Binaural Angular Separation Network
Yang Yang, George Sung, Shao-Fu Shih, Hakan Erdogan, Chehung Lee, Matthias Grundmann
TL;DR
Binaural Angular Separation Network (BASNet) addresses directional speech separation using two microphones by exploiting fixed angular regions and consistent $TDOA$ cues. It trains an end-to-end convolutional U-Net on simulated room impulse responses generated via the image method to synthesize multi-channel inputs, leveraging delay (IPD/TDOA) information for separation. BASNet demonstrates on-device real-time performance and generalizes across devices with different microphone geometries, outperforming prior neural beamforming approaches and enabling steerable directivity.

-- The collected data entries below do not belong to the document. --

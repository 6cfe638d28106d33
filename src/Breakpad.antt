-- ===== src/Breakpad.antt =====
-- src/breakpad: the symbol file (types.rs, and what parser.rs does without `nom`) and the resolver
-- (resolver.rs). The grammar of the lines rests on the crate `nom` and is left out.
pub mod Inlinees
pub mod Symbols
pub mod Resolver
use blazesym.Common.{
  ℕ, zero, suc, ◌+◌, ◌*◌, ◌%◌, ◌^◌, Bool, true, false, not, Option, none, some, List, [], ◌∷◌, map,
  ltb, leb, ◌==◌, if◌then◌else◌, length, get_elem?, drop,
}
use blazesym.Common.Outcome.{Outcome, ok, err, ◌>>=◌, ok_or_invalid_input, unsupported}
use blazesym.Util.Cover.{find_covering}
use blazesym.Util.Order.{nat_ord, bytes_ord, bytes_eq, pair_ord, pair_lt, pair_eq}
use blazesym.Util.Search.{partition_point, find_lowest_match_by_key}
use blazesym.Util.Sort.{sort_by_key}
use blazesym.Symbolize.{
  FindSymOpts, wants_code_info, wants_inlined_fns, CodeInfo, ResolvedSym, Found, found, not_found,
  unknown, missing_syms, unknown_addr,
}
use blazesym.Inspect.{SymType, variable, function, undefined, SymInfo, FindAddrOpts}
use blazesym.Ksym.{range}
use blazesym.Gsym.Resolver.{Frames, push_frame}

pub record SourceLine : Type 0 where
  pub addr : ℕ
  pub size : ℕ
  pub file : ℕ
  pub line : ℕ

pub record Inlinee : Type 0 where
  pub depth : ℕ
  pub addr : ℕ
  pub size : ℕ
  pub call_file : ℕ
  pub call_line : ℕ
  pub origin_id : ℕ

pub record Function : Type 0 where
  pub addr : ℕ
  pub size : ℕ
  pub parameter_size : ℕ
  pub name : List ℕ
  pub lines : List SourceLine
  pub inlinees : List Inlinee

-- The hash maps as their lookups; the cell of the name index is left out.
pub record SymbolFile : Type 0 where
  pub files : ℕ → Option (List ℕ)
  pub functions : List Function
  pub inline_origins : ℕ → Option (List ℕ)

abbrev pub line_start : SourceLine → ℕ
line_start l = l.addr

abbrev pub line_size : SourceLine → ℕ
line_size l = l.size

unfoldable pub find_line : Function → (addr : ℕ) → Option SourceLine
unfolding find_covering
find_line func addr = find_covering line_start line_size func.lines addr

abbrev pub start_of : Function → ℕ
start_of f = f.addr

abbrev pub size_of : Function → ℕ
size_of f = f.size

unfoldable pub find_function : SymbolFile → (addr : ℕ) → Option Function
unfolding find_covering
find_function file addr = find_covering start_of size_of file.functions addr

-- `slice::binary_search_by_key`: the index of a match, or where to insert. Of several matches it is
-- the last, which the documentation leaves open.
pub data Search : Type 0 where
  at_index insert_at : ℕ → Search

abbrev pub inlinee_key : Inlinee → ℕ × ℕ
inlinee_key i = (i.depth, i.addr)

abbrev pub matched : List Inlinee → (key : ℕ × ℕ) → (idx : ℕ) → Search
matched inlinees key zero = insert_at 0
matched inlinees key (suc idx) = elim (get_elem? inlinees idx) [
  | none ↦ insert_at (suc idx)
  | some i ↦ if pair_eq (inlinee_key i) key then at_index idx else insert_at (suc idx)
]

-- whether an inlinee is not behind the key
abbrev pub up_to : (key : ℕ × ℕ) → Inlinee → Bool
up_to key i = not (pair_lt key (inlinee_key i))

pub binary_search_by_key : List Inlinee → (key : ℕ × ℕ) → Search
unfolding partition_point
binary_search_by_key inlinees key = matched inlinees key (partition_point (up_to key) inlinees)

-- The checks of the candidate.
abbrev pub checked : (depth addr : ℕ) → Option Inlinee → Option Inlinee
checked depth addr none = none
checked depth addr (some inlinee) =
    if not (inlinee.depth == depth)
    then none
    else if leb (2 ^ 64) (inlinee.addr + inlinee.size)
    then none
    else if ltb addr (inlinee.addr + inlinee.size)
    then some inlinee
    else none

abbrev pub candidate : List Inlinee → Search → Option Inlinee
candidate inlinees (at_index idx) = get_elem? inlinees idx
candidate inlinees (insert_at zero) = none
candidate inlinees (insert_at (suc idx)) = get_elem? inlinees idx

unfoldable pub find_inlinee_at_depth : Function → (depth addr : ℕ) → Option Inlinee
unfolding binary_search_by_key
find_inlinee_at_depth func depth addr =
    checked depth addr (candidate func.inlinees (binary_search_by_key func.inlinees (depth, addr)))

-- The loop, from a depth on; the fuel bounds its rounds.
pub inlinees_from : (fuel : ℕ) → Function → (depth addr : ℕ) → List Inlinee
inlinees_from zero func depth addr = []
inlinees_from (suc fuel) func depth addr =
    let rest = inlinees_from fuel func (depth + 1) addr in
    elim (find_inlinee_at_depth func depth addr) [ none ↦ [] | some inlinee ↦ inlinee ∷ rest ]

-- One round for each depth that some inlinee can have, and one that ends the loop.
pub enough_rounds : List Inlinee → ℕ
enough_rounds [] = 1
enough_rounds (i ∷ inlinees) =
    let rest = enough_rounds inlinees in if ltb rest (i.depth + 2) then i.depth + 2 else rest

pub find_inlinees : Function → (addr : ℕ) → List Inlinee
unfolding inlinees_from enough_rounds
find_inlinees func addr = inlinees_from (enough_rounds func.inlinees) func 0 addr

abbrev pub line_key : SourceLine → ℕ × ℕ
line_key l = (l.addr, l.size)

abbrev pub no_function : Function
no_function = record {
  addr = 0;
  size = 0;
  parameter_size = 0;
  name = [];
  lines = [];
  inlinees = [];
}

-- `&funcs[idx]`, for the indices of the list.
abbrev pub function_at : List Function → (idx : ℕ) → Function
function_at funcs idx = elim (get_elem? funcs idx) [ none ↦ no_function | some f ↦ f ]

abbrev pub name_key : List Function → (idx : ℕ) → List ℕ × ℕ
name_key funcs idx = ((function_at funcs idx).name, (function_at funcs idx).addr)

unfoldable pub create_by_name_idx : List Function → List ℕ
unfolding range
create_by_name_idx funcs = sort_by_key (name_key funcs) (range 0 (length funcs))

-- `map_while`
pub take_named : List Function → (name : List ℕ) → List ℕ → List Function
take_named funcs name [] = []
take_named funcs name (idx ∷ idxs) =
    let rest = take_named funcs name idxs in
    let sym = function_at funcs idx in if bytes_eq sym.name name then sym ∷ rest else []

pub functions_named : SymbolFile → (name : List ℕ) → List Function
unfolding create_by_name_idx take_named find_lowest_match_by_key
functions_named file name =
    let by_name_idx = create_by_name_idx file.functions in
    elim (find_lowest_match_by_key by_name_idx name
      (λ idx. (function_at file.functions idx).name)) [
        | none ↦ []
        | some idx ↦ take_named file.functions name (drop idx by_name_idx)
      ]

-- `SymbolParser::finish_item` for a function, and `SymbolParser::finish`.
finish_function : Function → Function
finish_function cur = record cur {
  lines = sort_by_key line_key cur.lines;
  inlinees = sort_by_key inlinee_key cur.inlinees;
}

abbrev pub sort_key : Function → ℕ × ℕ
sort_key f = (f.addr, f.size)

unfoldable pub finish : (files inline_origins : ℕ → Option (List ℕ)) → List Function → SymbolFile
finish files inline_origins functions = record {
  files = files;
  functions = sort_by_key sort_key functions;
  inline_origins = inline_origins;
}

-- `SymInfo::from`
abbrev pub sym_info : Function → SymInfo
sym_info func = record {
  name = func.name;
  addr = func.addr;
  size = some func.size;
  sym_type = function;
  file_offset = none;
  obj_file_name = none;
}

unfoldable pub find_addr : SymbolFile → (name : List ℕ) → FindAddrOpts → Outcome (List SymInfo)
unfolding functions_named
find_addr file name opts =
    let syms = ok (map sym_info (functions_named file name)) in
    elim (opts.sym_type) [ variable ↦ err unsupported | undefined ↦ syms | function ↦ syms ]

The method enables robust, low-latency enhancement suitable for telephony and video conferencing, with the ability to focus on targeted spatial regions through controllable input latency.
Abstract
We propose a neural network model that can separate target speech sources from interfering sources at different angular regions using two microphones. The model is trained with simulated room impulse responses (RIRs) using omni-directional microphones without needing to collect real RIRs. By relying on specific angular regions and multiple room simulations, the model utilizes consistent time difference of arrival (TDOA) cues, or what we call delay contrast, to separate target and interference sources while remaining robust in various reverberation environments. We demonstrate the model is not only generalizable to a commercially available device with a slightly different microphone geometry, but also outperforms our previous work which uses one additional microphone on the same device. The model runs in real-time on-device and is suitable for low-latency streaming applications such as telephony and video conferencing.